The ability of torcetrapib to raise HDL-C levels in healthy young subjects was first tested in an initial phase 1 multidose study. Five groups of 8 subjects each were randomized to placebo (n=2) or torcetrapib (n=6) at 10, 30, 60, and 120 mg daily and 120 mg twice daily for 14 days. The correlation of plasma drug levels with inhibition was as expected based on in vitro potency, and increases in CETP mass were consistent with the proposed mechanism of inhibition. CETP inhibition increased with escalating dose, leading to elevations of HDL-C of 16% to 91%. Total plasma cholesterol did not change significantly because of a reduction in non-HDL-C, including a 21% to 42% lowering of LDL-C at the higher doses. Apolipoprotein A-I and E were elevated 27% and 66%, respectively, and apolipoprotein B was reduced 26% with 120 mg twice daily. Torcetrapib was well tolerated, with all treated subjects completing the study.

The two Phase 2 studies involved torcetrapib and atorvastatin. In a study of 493 patients, those who received torcetrapib (60 mg) and atorvastatin (10, 20, 40, 80 mg) had increases in HDL-C of 44% to 66%. At the same time, their LDL-C dropped between 41% and 60%. A separate study of 40 patients, raising HDL-C with torcetrapib increased cholesterol efflux from cells, an effect seen to be functionally similar to patients with naturally occurring high levels of HDL-C.
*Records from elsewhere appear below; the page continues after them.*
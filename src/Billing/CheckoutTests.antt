-- ===== src/Billing/CheckoutTests.antt =====
-- A checkout that is paid on the page of the stand-in.
use third_party_vendor_risk.Base.{
  ℕ, ◌≤◌, ◌≡◌, refl, true, none, some, [], ◌∷◌, ◌==◌, nat_eq, string_eq, if◌then◌else◌,
}
use third_party_vendor_risk.Tenancy.{Organization}
use third_party_vendor_risk.Json.{null, int, str, obj, Fields, end, field, get, as_text, take_chars}
use third_party_vendor_risk.Billing.Rows.{Store, OrgBilling, find_row, find_org}
use third_party_vendor_risk.Billing.Owners.{has_active_subscription}
use third_party_vendor_risk.Billing.StandIn.{Effects, NewIds, redirect, dev_checkout_complete}
use third_party_vendor_risk.Billing.Heard.{first_event, second_event}
use third_party_vendor_risk.Billing.Checkout.{dev_checkout_complete-subscribes}

abbrev link : Fields
link = field "type" (str "dev_checkout") (
    field "org_id" (int 7) (
      field "plan" (str "team") (
        field "customer_id" null (
          field "success_url" (str "/settings?billing=success")
            (field "cancel_url" (str "/settings") end)))))

abbrev acme : Organization
acme = record { id = 7; slug = "acme"; plan = "free" }

abbrev free_store : Store
free_store = record { organizations = acme ∷ []; rows = []; events = []; audit = [] }

abbrev ids : NewIds
ids = record {
  customer = "cus_dev_1";
  subscription = "sub_dev_1";
  object = "cs_dev_1";
  first = "evt_dev_1";
  second = "evt_dev_2";
}

-- Payloads are the ids of their events.
abbrev deaf : Effects
deaf = record {
  show = λ v. "?";
  show_id = λ n. "7";
  int_of = λ s. none;
  digits = λ s. some 7;
  verified = λ payload signature secret. true;
  loads = λ payload. none;
  dumps = λ event. elim (as_text (get "id" event)) [ none ↦ "" | some id ↦ id ];
  sign = λ payload secret timestamp. "signed";
  read = λ now token. some link;
  secret = "whsec";
}

abbrev effects : Effects
effects = record deaf {
  loads = λ payload.
      if payload == "evt_dev_1"
      then some (obj (first_event deaf 100 ids free_store acme "team" "cus_dev_1"))
      else some
          (obj (second_event deaf 100 ids free_store acme "team" "cus_dev_1" "price_dev_team"));
}

no_row :
    (r : OrgBilling) (last : ℕ)
    → find_row 7 free_store.rows ≡ some r
    → r.last_event_at ≡ some last
    → last ≤ 100
no_row r last found at = absurd (cc)

dev_checkout_complete-subscribes_example :
    (after : Store) × (dev_checkout_complete effects 100 ids "token" "pay" free_store
      ≡ (redirect "/settings?billing=success", after))
    × (find_org 7 after.organizations ≡ some (record acme { plan = "team" }))
    × (has_active_subscription (find_row 7 after.rows) ≡ true)
    × (dev_checkout_complete effects 100 ids "token" "pay" after
        ≡ (redirect "/settings?billing=success", after))
unfolding get take_chars has_active_subscription
dev_checkout_complete-subscribes_example =
    dev_checkout_complete-subscribes effects 100 ids ids free_store acme "token"
      "/settings?billing=success" "team" "cus_dev_1" link refl refl refl refl refl refl refl refl
      refl no_row (refl, refl, refl) (refl, refl, refl) refl (λ payload. refl) refl refl refl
Brousseau et al showed that in subjects with low HDL-C levels, CETP inhibition with torcetrapib markedly increased HDL-C levels and also decreased LDL cholesterol levels, both when administered as monotherapy and when administered in combination with a statin. These data are from a single-blind, placebo-controlled study with 19 subjects with low levels of HDL-C (<40 mg per dL [1.0 mmol per liter]), 9 of whom were also treated with 20 mg of atorvastatin daily. All subjects received placebo for 4 weeks and then received 120 mg of torcetrapib daily for the following 4 weeks. Six of the subjects who did not receive atorvastatin also participated in a third phase, in which they received 120 mg of torcetrapib twice daily for 4 weeks. Treatment with 120 mg/d of torcetrapib increased HDL-C by 61% ( P<0.001) and 46% ( P=0.001) in the atorvastatin and nonatorvastatin cohorts, respectively. Treatment with 120 mg twice daily increased HDL-C by 106% ( P<0.001). Torcetrapib also reduced low-density lipoprotein (LDL) cholesterol levels by 17% in the atorvastatin cohort ( P=0.02).
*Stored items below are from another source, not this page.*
-- ===== src/Billing/Delivery.antt =====
-- Any sequence of requests to the webhook endpoint of app/services/billing_service.py: redelivered,
-- out of order, unsigned or unreadable.
use third_party_vendor_risk.Base.{
  ℕ, ◌≤◌, ◌≡◌, ◌≢◌, String, Bool, true, false, ◌||◌, ◌&&◌, not, Option, some, List, [], ◌∷◌, ◌==◌,
  arith, nat_eq, string_eq, Option-cases, Bool-cases, ◌⊎◌, inl, inr, str_eq_refl,
}
use third_party_vendor_risk.Json.{Json, Fields, get, truthy, as_dict}
use third_party_vendor_risk.Billing.Rows.{Outcome, duplicate, Store}
use third_party_vendor_risk.Billing.Webhooks.{event_key, apply_event}
use third_party_vendor_risk.Billing.Endpoint.{Request, process_webhook, Answer, done}
use third_party_vendor_risk.Billing.Plans.{IsInForce, Change-IsInForce}
use third_party_vendor_risk.Billing.Events.{
  event_clock, is_logged, Handles, Change-events, Change-clock, apply_event-cases,
}

-- What every request keeps.
record Keeps (db db' : Store) : Type 0 where
  in_force : IsInForce db → IsInForce db'
  clocks : (a : ℕ) → event_clock a db ≤ event_clock a db'
  log : (key : String) → is_logged key db ≡ true → is_logged key db' ≡ true

Keeps-refl : (db : Store) → Keeps db db
Keeps-refl db = record { in_force = λ h. h; clocks = λ a. omega arith; log = λ key h. h }

Keeps-trans : {a b c : Store} → Keeps a b → Keeps b c → Keeps a c
Keeps-trans h k = record {
  in_force = λ i. k.in_force (h.in_force i);
  clocks = λ a. omega (arith, h.clocks a, k.clocks a);
  log = λ key l. k.log key (h.log key l);
}

event_clock-rows :
    (a : ℕ) (db db' : Store) → db'.rows ≡ db.rows → event_clock a db' ≡ event_clock a db
unfolding event_clock
event_clock-rows a db db' e = rw e

Handles-Keeps : {key : String} {db db' : Store} → Handles key db db' → Keeps db db'
Handles-Keeps {key} {db} {db'} h = record {
  in_force = λ i. rw h.after (Change-IsInForce db i h.change);
  clocks = λ a. omega (
    arith,
    Change-clock a h.change,
    event_clock-rows a h.handled.2 db' (ground (arith, h.after)),
  );
  log = λ k l. rw h.after (ground (arith, Change-events h.change));
}

module _ (show : Json → String) (int_of digits : String → Option ℕ)
    (verified : String → Option String → String → Bool) (loads : String → Option Json)
    (prices : List (String × String)) (secret : String) where
  apply_event-Keeps :
      (now : ℕ) (db db' : Store) (event : Fields) (o : Outcome)
      → apply_event show int_of digits prices now db event ≡ some (o, db')
      → Keeps db db'
  apply_event-Keeps now db db' event o e =
      elim (apply_event-cases show int_of digits prices now db db' event o e) [
        | inl (old, skipped, same) ↦ rw same (Keeps-refl db)
        | inr h ↦ Handles-Keeps h
      ]

  abbrev respond : Store → Request → Answer × Store
  respond = process_webhook show int_of digits verified loads prices secret

  -- A request that has an outcome is signed, holds an event, and did what the event does; any
  -- other changes nothing.
  record Processed (db : Store) (r : Request) (o : Outcome) (db' : Store) : Type 0 where
    body : Json
    event : Fields
    signed : (secret == "" || not (verified r.payload r.signature secret)) ≡ false
    loaded : loads r.payload ≡ some body
    dict : as_dict body ≡ some event
    named : (truthy (get "id" event) && truthy (get "type" event)) ≡ true
    processed : apply_event show int_of digits prices r.now db event ≡ some (o, db')

  respond-cases :
      (db : Store) (r : Request)
      → ((respond db r).1 ≡ db) × ((o : Outcome) → (respond db r).0 ≢ done o)
        ⊎ (o : Outcome) × Processed db r o (respond db r).1 × ((respond db r).0 ≡ done o)
  unfolding process_webhook
  respond-cases db r =
      elim (Bool-cases (secret == "" || not (verified r.payload r.signature secret))) [
        | inl unsigned ↦ inl (ground arith, λ o e. ground arith)
        | inr signed ↦ elim (Option-cases (loads r.payload)) [
          | inl unread ↦ inl (ground arith, λ o e. ground arith)
          | inr (body, loaded) ↦ elim (Option-cases (as_dict body)) [
            | inl no_dict ↦ inl (ground arith, λ o e. ground arith)
            | inr (event, dict) ↦
                elim (Bool-cases (truthy (get "id" event) && truthy (get "type" event))) [
                  | inr unnamed ↦ inl (ground arith, λ o e. ground arith)
                  | inl named ↦
                      elim (Option-cases (apply_event show int_of digits prices r.now db event)) [
                        | inl raised ↦ inl (ground arith, λ o e. ground arith)
                        | inr ((o, after), did) ↦ inr (
                          o,
                          record {
                            body = body;
                            event = event;
                            signed = signed;
                            loaded = loaded;
                            dict = dict;
                            named = named;
                            processed = ground arith;
                          },
                          ground arith,
                        )
                      ]
                ]
          ]
        ]
      ]

  respond-Keeps : (db : Store) (r : Request) → Keeps db (respond db r).1
  respond-Keeps db r = elim (respond-cases db r) [
    | inl (same, _) ↦ rw same (Keeps-refl db)
    | inr (o, p, _) ↦ apply_event-Keeps r.now db (respond db r).1 p.event o p.processed
  ]

  respond_again :
      (db : Store) (r : Request) (body : Json) (event : Fields)
      → loads r.payload ≡ some body
      → as_dict body ≡ some event
      → (truthy (get "id" event) && truthy (get "type" event)) ≡ true
      → apply_event show int_of digits prices r.now db event ≡ some (duplicate, db)
      → verified r.payload r.signature secret ≡ true
      → (secret == "") ≡ false
      → respond db r ≡ (done duplicate, db)
  unfolding process_webhook
  respond_again db r body event loaded dict named applies signed keyed = ground arith

  -- The store after a sequence of requests.
  unfoldable pub receive : Store → List Request → Store
  receive db [] = db
  receive db (r ∷ rs) = receive (respond db r).1 rs

  receive-Keeps : (rs : List Request) (db : Store) → Keeps db (receive db rs)
  unfolding receive
  receive-Keeps [] db = Keeps-refl db
  receive-Keeps (r ∷ rs) db = Keeps-trans (respond-Keeps db r) (receive-Keeps rs (respond db r).1)

  -- Whatever requests arrive, an organization whose billing row holds a subscription status keeps
  -- the plan that the row's plan and status entitle it to.
  pub receive-IsInForce :
      (db : Store) (rs : List Request) → IsInForce db → IsInForce (receive db rs)
  receive-IsInForce db rs inv = (receive-Keeps rs db).in_force inv

  -- Whatever requests arrive, in whatever order, the time of the last subscription event applied to
  -- the row of an organization never goes back.
  pub receive-clock :
      (db : Store) (rs : List Request) (a : ℕ) → event_clock a db ≤ event_clock a (receive db rs)
  receive-clock db rs a = (receive-Keeps rs db).clocks a

  apply_event-logged :
      (now : ℕ) (db db' : Store) (event : Fields) (o : Outcome)
      → apply_event show int_of digits prices now db event ≡ some (o, db')
      → is_logged (event_key show int_of digits event) db' ≡ true
  apply_event-logged now db db' event o e =
      elim (apply_event-cases show int_of digits prices now db db' event o e) [
        | inl (old, skipped, same) ↦ rw same old
        | inr h ↦ ground (arith, h.after, h.keyed, str_eq_refl (event_key show int_of digits event))
      ]

  apply_event-duplicate :
      (now : ℕ) (db : Store) (event : Fields)
      → is_logged (event_key show int_of digits event) db ≡ true
      → apply_event show int_of digits prices now db event ≡ some (duplicate, db)
  unfolding apply_event
  apply_event-duplicate now db event old = rw old

  -- A delivery that had an outcome has no second effect: when its payload is delivered again, at
  -- any later time and after any other requests, with a signature that is verified, the answer is
  -- `duplicate` and the store stays as it is.
  pub redelivery-duplicate :
      (db : Store) (r again : Request) (rs : List Request) (o : Outcome)
      → (respond db r).0 ≡ done o
      → again.payload ≡ r.payload
      → verified again.payload again.signature secret ≡ true
      → let later = receive (respond db r).1 rs in respond later again ≡ (done duplicate, later)
  redelivery-duplicate db r again rs o answered same signed = elim (respond-cases db r) [
    | inl (_, unanswered) ↦ absurd (unanswered o answered)
    | inr (o', p, _) ↦
        let logged =
          (receive-Keeps rs (respond db r).1).log _
            (apply_event-logged r.now db (respond db r).1 p.event o' p.processed) in
        respond_again (receive (respond db r).1 rs) again p.body p.event (rw same p.loaded) p.dict
          p.named (apply_event-duplicate again.now (receive (respond db r).1 rs) p.event logged)
          signed (ground (arith, p.signed))
  ]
In summary, results form clinical trials show that torcetrapib significantly increases HDL-C levels, either as monotherapy or in combination with atorvastatin; it significantly reduces LDL-C levels, particularly when given in combination with atorvastatin, and is well tolerated in doses up to 120 mg/d. However, in some of the larger trials, torcetrapib therapy was associated with increases in systolic blood pressure.